# Amplificador con tda7394 12v 2x30w



## MaxPower (Ago 20, 2011)

Hola, después de cansarme de buscar por todos lados un pcb para este integrado que lo tenia guardado por que me había sobrado de un estéreo termine haciendo en photoshop y lo quiero compartir con alguien que lo necesite
Lo arme y suena muy bien, buen volumen y calidad
el pcb mide 8cm x 5,5cm

Ver el archivo adjunto 109899

que opinan de puentear las salidas como en este diagrama?







gracias


----------



## lacuevadeltower (May 26, 2012)

Amigo max power, el circuito esta bárbaro.. me muero por armarlo, el tema es que quiero bajar el pbc para imprimirlo y quemarlo.
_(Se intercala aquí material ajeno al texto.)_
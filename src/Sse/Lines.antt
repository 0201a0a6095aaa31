-- ===== src/Sse/Lines.antt =====
-- `frame_end` of src/sse/parser.rs finds by offsets the frame that the machine emits.
use anthroxy.Prelude.{
  ℕ, zero, suc, ◌+◌, ◌≤◌, ◌<◌, ◌==◌, ◌≡◌, refl, sym, ap, ◌∙◌, inl, inr, true, false, [], ◌∷◌, ◌++◌,
  if◌then◌else◌, is_empty, length, drop, slice, Text, append_assoc, append-nil, arith, position,
  length-append, drop-append_at, slice-append_at, Bool-cases, Option-cases, ==_iff, min, max,
}
use anthroxy.Sse.{found, open_at, frame_end_from, frame_end, newline, strip_cr}
use anthroxy.Sse.Machine.{
  Machine, start, run, run-nil, run-quiet, run-frame, step-byte, step-line, step-blank,
}
use native.Mathlib.Nat.{add-zero}

abbrev pub pending : Machine → Text
pending m = m.lines ++ m.line

-- How a text goes on from a machine: a first frame ends, or none does. `buf` is all that the
-- machine has of the frame, with the text behind it.
pub data Next (m : Machine) (t buf : Text) (from : ℕ) : Type 0 where
  frame :
      (raw sep rest : Text)
      → buf ≡ raw ++ (sep ++ rest)
      → 0 < length sep
      → run m t ≡ (raw ∷ (run start rest).0, (run start rest).1)
      → ((fuel : ℕ)
          → length t < fuel
          → frame_end_from fuel buf (length m.lines) from
            ≡ found (length raw) (length raw + length sep))
      → Next m t buf from
  open_line :
      (m' : Machine)
      → buf ≡ pending m'
      → run m t ≡ ([], m')
      → ((fuel : ℕ)
          → length t < fuel
          → frame_end_from fuel buf (length m.lines) from ≡ open_at (length m'.lines))
      → Next m t buf from

-- The bytes not searched yet.
rest_at :
    (m : Machine) (t buf : Text) (from : ℕ)
    → buf ≡ m.lines ++ (m.line ++ t)
    → from ≡ length m.lines + length m.line
    → drop from buf ≡ t
rest_at m t buf from e d =
    rw (e, ← append_assoc m.lines m.line t)
      (drop-append_at from (m.lines ++ m.line) t (omega (arith, d, length-append m.lines m.line)))

-- The line in front of a newline.
line_at :
    (m : Machine) (t buf : Text) (from : ℕ)
    → buf ≡ m.lines ++ (m.line ++ t)
    → from ≡ length m.lines + length m.line
    → slice (length m.lines) from buf ≡ m.line
line_at m t buf from e d = rw e (slice-append_at (length m.lines) from m.lines m.line t refl d)

-- Searching from a byte that is no newline is searching from the next.
frame_end_from-skip :
    (fuel : ℕ) (buf : Text) (s from : ℕ) (b : ℕ) (t : Text)
    → drop from buf ≡ b ∷ t
    → drop (from + 1) buf ≡ t
    → (b == newline) ≡ false
    → frame_end_from fuel buf s from ≡ frame_end_from fuel buf s (from + 1)
unfolding frame_end_from position
frame_end_from-skip zero buf s from b t e e' ne = refl
frame_end_from-skip (suc fuel) buf s from b t e e' ne =
    let shift : (n : ℕ) → from + suc n ≡ from + 1 + n = λ n. omega arith in
    rw (e, e', ne)
      (elim (Option-cases (position newline t)) [
        | inl no_line ↦ rw no_line
        | inr (len, at) ↦ rw (at, shift len)
      ])

-- At a newline, one round tests the line before it.
frame_end_from-newline :
    (fuel : ℕ) (buf : Text) (s from : ℕ) (b : ℕ) (t line : Text)
    → drop from buf ≡ b ∷ t
    → slice s from buf ≡ line
    → (b == newline) ≡ true
    → frame_end_from (suc fuel) buf s from ≡ (
        if is_empty (strip_cr line)
        then found s (from + 1)
        else frame_end_from fuel buf (from + 1) (from + 1))
unfolding frame_end_from position
frame_end_from-newline fuel buf s from b t line e l h =
    let here : from + 0 ≡ from = omega arith in rw (e, h, here, l)

module _ (m : Machine) (b : ℕ) (t buf : Text) (from : ℕ) (e : buf ≡ m.lines ++ (m.line ++ b ∷ t))
    (d : from ≡ length m.lines + length m.line) where
  grown : buf ≡ m.lines ++ ((m.line ++ b ∷ []) ++ t)
  grown = e ∙ ap (λ l. m.lines ++ l) (sym (append_assoc m.line (b ∷ []) t))

  grown_at : from + 1 ≡ length m.lines + length (m.line ++ b ∷ [])
  grown_at = omega (arith, d, length-append m.line (b ∷ []))

  after_byte : drop (from + 1) buf ≡ t
  after_byte = rest_at (record m { line = m.line ++ b ∷ [] }) t buf (from + 1) grown grown_at

  next-byte :
      (b == newline) ≡ false
      → Next (record m { line = m.line ++ b ∷ [] }) t buf (from + 1)
      → Next m (b ∷ t) buf from
  next-byte h (frame raw sep rest at pos runs finds) =
      frame raw sep rest at pos (run-quiet m b _ t (step-byte m b h) ∙ runs) λ fuel k.
        frame_end_from-skip fuel buf (length m.lines) from b t (rest_at m (b ∷ t) buf from e d)
          after_byte h
        ∙ finds fuel (omega arith)
  next-byte h (open_line m' at runs finds) =
      open_line m' at (run-quiet m b _ t (step-byte m b h) ∙ runs) λ fuel k.
        frame_end_from-skip fuel buf (length m.lines) from b t (rest_at m (b ∷ t) buf from e d)
          after_byte h
        ∙ finds fuel (omega arith)

  -- A round at a newline, with the line before it named.
  round :
      (fuel : ℕ)
      → (b == newline) ≡ true
      → frame_end_from (suc fuel) buf (length m.lines) from ≡ (
          if is_empty (strip_cr m.line)
          then found (length m.lines) (from + 1)
          else frame_end_from fuel buf (from + 1) (from + 1))
  round fuel h =
      frame_end_from-newline fuel buf (length m.lines) from b t m.line
        (rest_at m (b ∷ t) buf from e d) (line_at m (b ∷ t) buf from e d) h

  next-blank : (b == newline) ≡ true → is_empty (strip_cr m.line) ≡ true → Next m (b ∷ t) buf from
  next-blank h k =
      frame m.lines (m.line ++ b ∷ []) t grown (omega (arith, length-append m.line (b ∷ [])))
        (run-frame m b t m.lines (step-blank m b h k)) ends
    where
      ends :
          (fuel : ℕ)
          → length (b ∷ t) < fuel
          → frame_end_from fuel buf (length m.lines) from
            ≡ found (length m.lines) (length m.lines + length (m.line ++ b ∷ []))
      ends zero j = absurd (omega arith)
      ends (suc fuel) j = round fuel h ∙ rw (k, grown_at)

  abbrev lined : Machine
  lined = record { lines = m.lines ++ (m.line ++ newline ∷ []); line = [] }

  lined_at : from + 1 ≡ length lined.lines
  lined_at = omega (
    arith,
    d,
    length-append m.lines (m.line ++ newline ∷ []),
    length-append m.line (newline ∷ []),
  )

  grown_line : (b == newline) ≡ true → buf ≡ lined.lines ++ ([] ++ t)
  grown_line h =
      let at_newline : b ≡ newline = (==_iff b newline).0 h in
      rw (← at_newline) (grown ∙ sym (append_assoc m.lines (m.line ++ b ∷ []) t))

  round_line :
      (fuel : ℕ)
      → (b == newline) ≡ true
      → is_empty (strip_cr m.line) ≡ false
      → frame_end_from (suc fuel) buf (length m.lines) from
        ≡ frame_end_from fuel buf (length lined.lines) (from + 1)
  round_line fuel h k =
      round fuel h ∙ rw k (ap (λ s. frame_end_from fuel buf s (from + 1)) lined_at)

  next-line :
      (b == newline) ≡ true
      → is_empty (strip_cr m.line) ≡ false
      → Next lined t buf (from + 1)
      → Next m (b ∷ t) buf from
  next-line h k (frame raw sep rest at pos runs finds) =
      frame raw sep rest at pos (run-quiet m b _ t (step-line m b h k) ∙ runs) ends
    where
      ends :
          (fuel : ℕ)
          → length (b ∷ t) < fuel
          → frame_end_from fuel buf (length m.lines) from
            ≡ found (length raw) (length raw + length sep)
      ends zero j = absurd (omega arith)
      ends (suc fuel) j = round_line fuel h k ∙ finds fuel (omega arith)
  next-line h k (open_line m' at runs finds) =
      open_line m' at (run-quiet m b _ t (step-line m b h k) ∙ runs) ends
    where
      ends :
          (fuel : ℕ)
          → length (b ∷ t) < fuel
          → frame_end_from fuel buf (length m.lines) from ≡ open_at (length m'.lines)
      ends zero j = absurd (omega arith)
      ends (suc fuel) j = round_line fuel h k ∙ finds fuel (omega arith)

-- Past the last byte nothing is found.
frame_end_from-end :
    (fuel : ℕ) (buf : Text) (s from : ℕ)
    → drop from buf ≡ []
    → frame_end_from fuel buf s from ≡ open_at s
unfolding frame_end_from position
frame_end_from-end zero buf s from e = refl
frame_end_from-end (suc fuel) buf s from e = rw e

-- The machine's first frame, or its end, is what `frame_end` finds.
pub next :
    (m : Machine) (t buf : Text) (from : ℕ)
    → buf ≡ m.lines ++ (m.line ++ t)
    → from ≡ length m.lines + length m.line
    → Next m t buf from
next m [] buf from e d =
    open_line m (e ∙ ap (λ l. m.lines ++ l) (append-nil m.line)) (run-nil m)
      λ fuel h. frame_end_from-end fuel buf (length m.lines) from (rest_at m [] buf from e d)
next m (b ∷ t) buf from e d = elim (Bool-cases (b == newline)) [
  | inr same ↦ next-byte m b t buf from e d same (
      next (record m { line = m.line ++ b ∷ [] }) t buf (from + 1) (grown m b t buf from e d)
        (grown_at m b t buf from e d))
  | inl at_newline ↦ elim (Bool-cases (is_empty (strip_cr m.line))) [
    | inl blank ↦ next-blank m b t buf from e d at_newline blank
    | inr more ↦ next-line m b t buf from e d at_newline more (
        next (lined m b t buf from e d) t buf (from + 1) (grown_line m b t buf from e d at_newline)
          (lined_at m b t buf from e d ∙ sym (add-zero _)))
  ]
]

-- `frame_end` searches from where the parser stopped.
pub frame_end-clamped :
    (buf : Text) (s from : ℕ)
    → s ≤ from
    → from ≤ length buf
    → frame_end buf s from ≡ frame_end_from (length buf + 1) buf s from
unfolding frame_end
frame_end-clamped buf s from h k =
    let low : min s (length buf) ≡ s = omega arith in
    let high : min (max from s) (length buf) ≡ from = omega arith in rw (low, high)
Pero lamentablemente sircuito descarga como archivo png. y cuando lo paso a jpg o otro archivo se pierde la calidad de las pistas.. Serias tan amable de subirlo como jpg o el que tengas, yo ya instale el pcb wizart y estoy intentando armarlo pero hasta ahí llegue.  ja

Gracias por tu tiempo..

Fernando..


----------



## malesi (May 26, 2012)

lacuevadeltower dijo:


> Amigo max power, el circuito esta bárbaro.. me muero por armarlo, el tema es que quiero bajar el pbc para imprimirlo y quemarlo. Pero lamentablemente sircuito descarga como archivo png. y cuando lo paso a jpg o otro archivo se pierde la calidad de las pistas.. Serias tan amable de mandármelo a mí correo. como jpg o el que tengas yo ya instale el pcb wizart y estoy intentando armarlo pero hasta ahí llegue.  ja
> Gracias por tu tiempo..
> 
> Fernando..


 

Toma el jpg



Saludos.


----------



## Don Plaquetin (Jun 26, 2012)

Estoy armando un amplificador con el *TDA7394* y estoy teniendo problemas para que funciones con la menor cantidad de componentes y encontré un diagrama *RUSO* en fin alguien sabe de algún otro diagrama o datos se lo agradezco no uso el PBC porque no tengo impresora y no soy de los que hacer esas placa no tengo esa tecnica  pero si suben un diagrama lo codifico a la mía 






​


----------



## ivanalcoba (May 8, 2014)

hola el jpg que puso malesi esta al derecho o invertido para planchado? alguno tiene la mascara de componentes o como van ubicados? gracias


----------



## DOSMETROS (May 8, 2014)

ivanalcoba dijo:


> hola el jpg que puso malesi esta al derecho o invertido para planchado? alguno tiene la mascara de componentes o como van ubicados? gracias


 

Fijate que el Circuito impreso lleva la firma del que lo hizo ¿ La firma está al derecho o al revés ? 

Saludos !


----------



## ivanalcoba (May 10, 2014)

hola perdon que moleste nuevamente tengo todos los componentes y demas en el momento de hacer el pcb hice la impresion con el diseño y el tamaño del jpg y png son bastante superiores a las medidas originales. es decir no conciden los pines del integrado con los contactos en la placa


----------



## Fogonazo (May 10, 2014)

ivanalcoba dijo:


> hola perdon que moleste nuevamente tengo todos los componentes y demas en el momento de hacer el pcb hice la impresion con el diseño y el tamaño del jpg y png son bastante superiores a las medidas originales. es decir no conciden los pines del integrado con los contactos en la placa



https://www.forosdeelectronica.com/f27/adaptar-tamano-pcb-tamano-real-nano-tutorial-28701/


----------



## MaxPower (May 10, 2014)

ivanalcoba dijo:


> hola perdon que moleste nuevamente tengo todos los componentes y demas en el momento de hacer el pcb hice la impresion con el diseño y el tamaño del jpg y png son bastante superiores a las medidas originales. es decir no conciden los pines del integrado con los contactos en la placa



hola, en el primer mensaje dice que mide 8cm x 5,5cm el pcb, yo uso xnview para imprimir a medida
saludos


----------



## ivanalcoba (May 12, 2014)

Tengo todo armado me queda una duda los capacitares no polarizados son cerámicos o de poliester?


----------



## Don Plaquetin (May 12, 2014)

ivanalcoba dijo:


> Tengo todo armado me queda una duda los capacitares no polarizados son cerámicos o de poliester?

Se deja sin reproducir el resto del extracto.